It has *much* more to do with the memory card's erase block size.
NTFS wants to use a 512 BYTE or 1kbyte allocation unit size. (Dont believe me? Right click your system volume, and choose properties. See what your allocation unit size is.)
This size was selected because it is 1:1 the sector size of original winchester style hard disk drives, which makes those sizes the most efficient to transfer to or from the disk controller.
Modern drives tend to favor 4kbyte sized sectors, but still emulate 512 BYTE ones.
FAT had cluster (allocation unit) sizes quite a bit larger than this.

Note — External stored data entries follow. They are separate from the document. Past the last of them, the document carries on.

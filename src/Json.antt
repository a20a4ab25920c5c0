-- ===== src/Json.antt =====
-- `serde_json::Value`, by what the gateway reads and writes of it. An object is its members, each
-- name once; the order of the members is not modelled.
use chenni_x_api.Prelude.Int.{ℤ, pos, negsuc}
use chenni_x_api.Prelude.Tests.{ltb, if◌then◌else◌}
use chenni_x_api.Prelude.{ℕ, String, str_eq, Bool, Option, none, some}

-- `integer` is a number that fits a `u64`, `negative n` is -(n + 1) where it fits an `i64`, and
-- `other_number` is the text of any other number.
mutual
  pub data Json : Type 0 where
    null : Json
    bool : Bool → Json
    integer : ℕ → Json
    negative : ℕ → Json
    other_number : String → Json
    string : String → Json
    array : Items → Json
    object : Members → Json

  pub data Items : Type 0 where
    no_items : Items
    item : Json → Items → Items

  pub data Members : Type 0 where
    no_members : Members
    member : String → Json → Members → Members

unfoldable pub find_member : String → Members → Option Json
find_member k no_members = none
find_member k (member j v ms) = if str_eq j k then some v else find_member k ms

-- `Value::get` with a name.
unfoldable pub get_field : String → Json → Option Json
unfolding find_member
get_field k (object ms) = find_member k ms
get_field _ _ = none

unfoldable pub as_u64 : Json → Option ℕ
as_u64 (integer n) = some n
as_u64 _ = none

unfoldable pub as_str : Json → Option String
as_str (string s) = some s
as_str _ = none

-- `and_then(|v| v.get(name))`.
unfoldable pub field_of : String → Option Json → Option Json
unfolding get_field
field_of name none = none
field_of name (some v) = get_field name v

-- `and_then(|v| v.as_str())`.
unfoldable pub text_of : Option Json → Option String
unfolding as_str
text_of none = none
text_of (some v) = as_str v

-- `as_i64`.
unfoldable pub as_i64 : Json → Option ℤ
as_i64 (integer n) = if ltb n 9_223_372_036_854_775_808 then some (pos n) else none
as_i64 (negative n) = some (negsuc n)
as_i64 _ = none

unfoldable pub put_member : String → Json → Members → Members
put_member k v no_members = member k v no_members
put_member k v (member j w ms) =
    if str_eq j k then member k v ms else member j w (put_member k v ms)

-- `and_then(|u| u.get(name)).and_then(|t| t.as_u64()).unwrap_or(0)`
unfoldable pub count_at : String → Option Json → ℕ
unfolding get_field as_u64
count_at name none = 0
count_at name (some u) = elim (get_field name u) [
  | none ↦ 0
  | some t ↦ elim (as_u64 t) [ none ↦ 0 | some n ↦ n ]
]
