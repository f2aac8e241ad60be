-- ===== src/TimedWaiter/Tests.antt =====
-- Call 0 sleeps, the notification comes, and call 1 arrives between its two steps.
use portable_concurrency.Prelude.{◌≡◌, ◌≢◌, refl, ℕ_discrete}
use portable_concurrency.TimedWaiter.{
  Waiter, unsent, asleep, woken, send_step, wait_step, init, Reach, start, sends, waits,
}
use portable_concurrency.TimedWaiter.Notified.{finished_none_asleep, ready_after_notification}

abbrev two_calls : Waiter
two_calls = wait_step (send_step (wait_step init 0)) 1

abbrev over : Waiter
over = send_step two_calls

two_calls-Reach : Reach two_calls
two_calls-Reach = waits 1 (sends (waits 0 start))

first_woken : over.calls 0 ≡ woken
unfolding send_step wait_step ℕ_discrete
first_woken = refl

finished_none_asleep_example : over.calls 0 ≢ asleep
unfolding send_step wait_step ℕ_discrete
finished_none_asleep_example = finished_none_asleep 0 (sends two_calls-Reach) refl

ready_after_notification_example : two_calls.notification ≢ unsent
unfolding send_step wait_step ℕ_discrete
ready_after_notification_example = ready_after_notification 1 two_calls-Reach refl
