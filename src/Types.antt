-- ===== src/Types.antt =====
-- bits/concurrency_type_traits.h, and the types of what the functions over futures make: those that
-- the compiler finds, as functions on a syntax of types.
pub mod Results
pub mod Fitting
mod Tests
use portable_concurrency.Prelude.{
  ℕ, Bool, true, false, not, ◌&&◌, ◌||◌, ◌==◌, Option, none, some, List, [], ◌∷◌, if◌then◌else◌,
}
use mathlib.Core.Option

-- The types that the library tells apart; any other is an object with a number.
pub data CppType : Type 0 where
  void : CppType
  object : ℕ → CppType
  constant reference reference_wrapper future shared_future promise : CppType → CppType

abbrev pub is_unique_future : CppType → Bool
is_unique_future (future t) = true
is_unique_future _ = false

abbrev pub is_shared_future : CppType → Bool
is_shared_future (shared_future t) = true
is_shared_future _ = false

abbrev pub is_future : CppType → Bool
is_future t = is_unique_future t || is_shared_future t

abbrev pub are_futures : List CppType → Bool
are_futures [] = true
are_futures (t ∷ ts) = is_future t && are_futures ts

abbrev pub remove_future : CppType → CppType
remove_future (future t) = t
remove_future (shared_future t) = t
remove_future t = t

abbrev pub add_future : CppType → CppType
add_future (future t) = future t
add_future (shared_future t) = shared_future t
add_future t = future t

abbrev pub is_void : CppType → Bool
is_void void = true
is_void _ = false

abbrev pub is_reference : CppType → Bool
is_reference (reference t) = true
is_reference _ = false

-- `static_assert(!is_future<T>::value)` of both futures, for all that a type is made of.
abbrev pub is_allowed : CppType → Bool
is_allowed (future t) = not (is_future t) && is_allowed t
is_allowed (shared_future t) = not (is_future t) && is_allowed t
is_allowed (constant t) = is_allowed t
is_allowed (reference t) = is_allowed t
is_allowed (reference_wrapper t) = is_allowed t
is_allowed (promise t) = is_allowed t
is_allowed _ = true

-- `shared_future::get_result_type`
abbrev pub get_result_type : CppType → CppType
get_result_type void = void
get_result_type (reference t) = reference t
get_result_type (constant t) = reference (constant t)
get_result_type t = reference (constant t)

-- `decay_for_future`
abbrev pub decay : CppType → CppType
decay (reference (constant t)) = t
decay (reference t) = t
decay (constant t) = t
decay t = t

abbrev pub decay_for_future : CppType → CppType
decay_for_future (reference_wrapper t) = reference t
decay_for_future t = decay t

-- A callable: the results of its calls, none where it cannot be called with such arguments, and the
-- signature of a function pointer or of a single `operator()`.
pub record Signature : Type 0 where
  pub result : CppType
  pub parameters : List CppType

pub record Invocable : Type 0 where
  pub invoke_result : List CppType → Option CppType
  pub signature : Option Signature

abbrev pub cnt_result : Invocable → CppType → Option CppType
cnt_result f void = f.invoke_result []
cnt_result f t = f.invoke_result (t ∷ [])

abbrev pub cnt_future : Invocable → CppType → Option CppType
cnt_future f t = Option.map add_future (cnt_result f t)

abbrev pub same_type : CppType → CppType → Bool
same_type void void = true
same_type (object m) (object n) = m == n
same_type (constant t) (constant u) = same_type t u
same_type (reference t) (reference u) = same_type t u
same_type (reference_wrapper t) (reference_wrapper u) = same_type t u
same_type (future t) (future u) = same_type t u
same_type (shared_future t) (shared_future u) = same_type t u
same_type (promise t) (promise u) = same_type t u
same_type _ _ = false

-- `promise_deducer<Future>::deduce`, from `void(promise<R>, Future)`.
abbrev deduce : CppType → CppType → List CppType → Option CppType
deduce t void (promise r ∷ p ∷ []) = if same_type p t then some r else none
deduce t _ _ = none

abbrev pub promise_arg : Invocable → CppType → Option CppType
promise_arg f t = Option.bind f.signature (λ s. deduce t s.result s.parameters)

Usually between 4k and 16k, but 32k and 64k clusters are supported.
For early flash memory cards, 32k and 64k cluster sizes were 1:1 what the eraseblock sizes of the flash array were, meaning having the filesystem use that size gave the best possible efficiency with the device controller.
SDHC and SDXC devices though, have erase block sizes that (cough), 'greatly exceed' (cough) what FAT32 can support.
ExFAT however, happily lets you use cluster sizes in the MULTIPLE MEGABYTES size range, allowing the flash makers to still have 1:1 cluster->erase unit parity, and maximized device IO efficiency.
Your camera formats that card as ExFAT because that's what the SDCard Assn demands.
The SDCard Assn demands it, so that they can reliably claim the write speeds written on the top of the card.
NTFS will annihilate flash cards with write amplification, and have piss-poor io performance writing to them.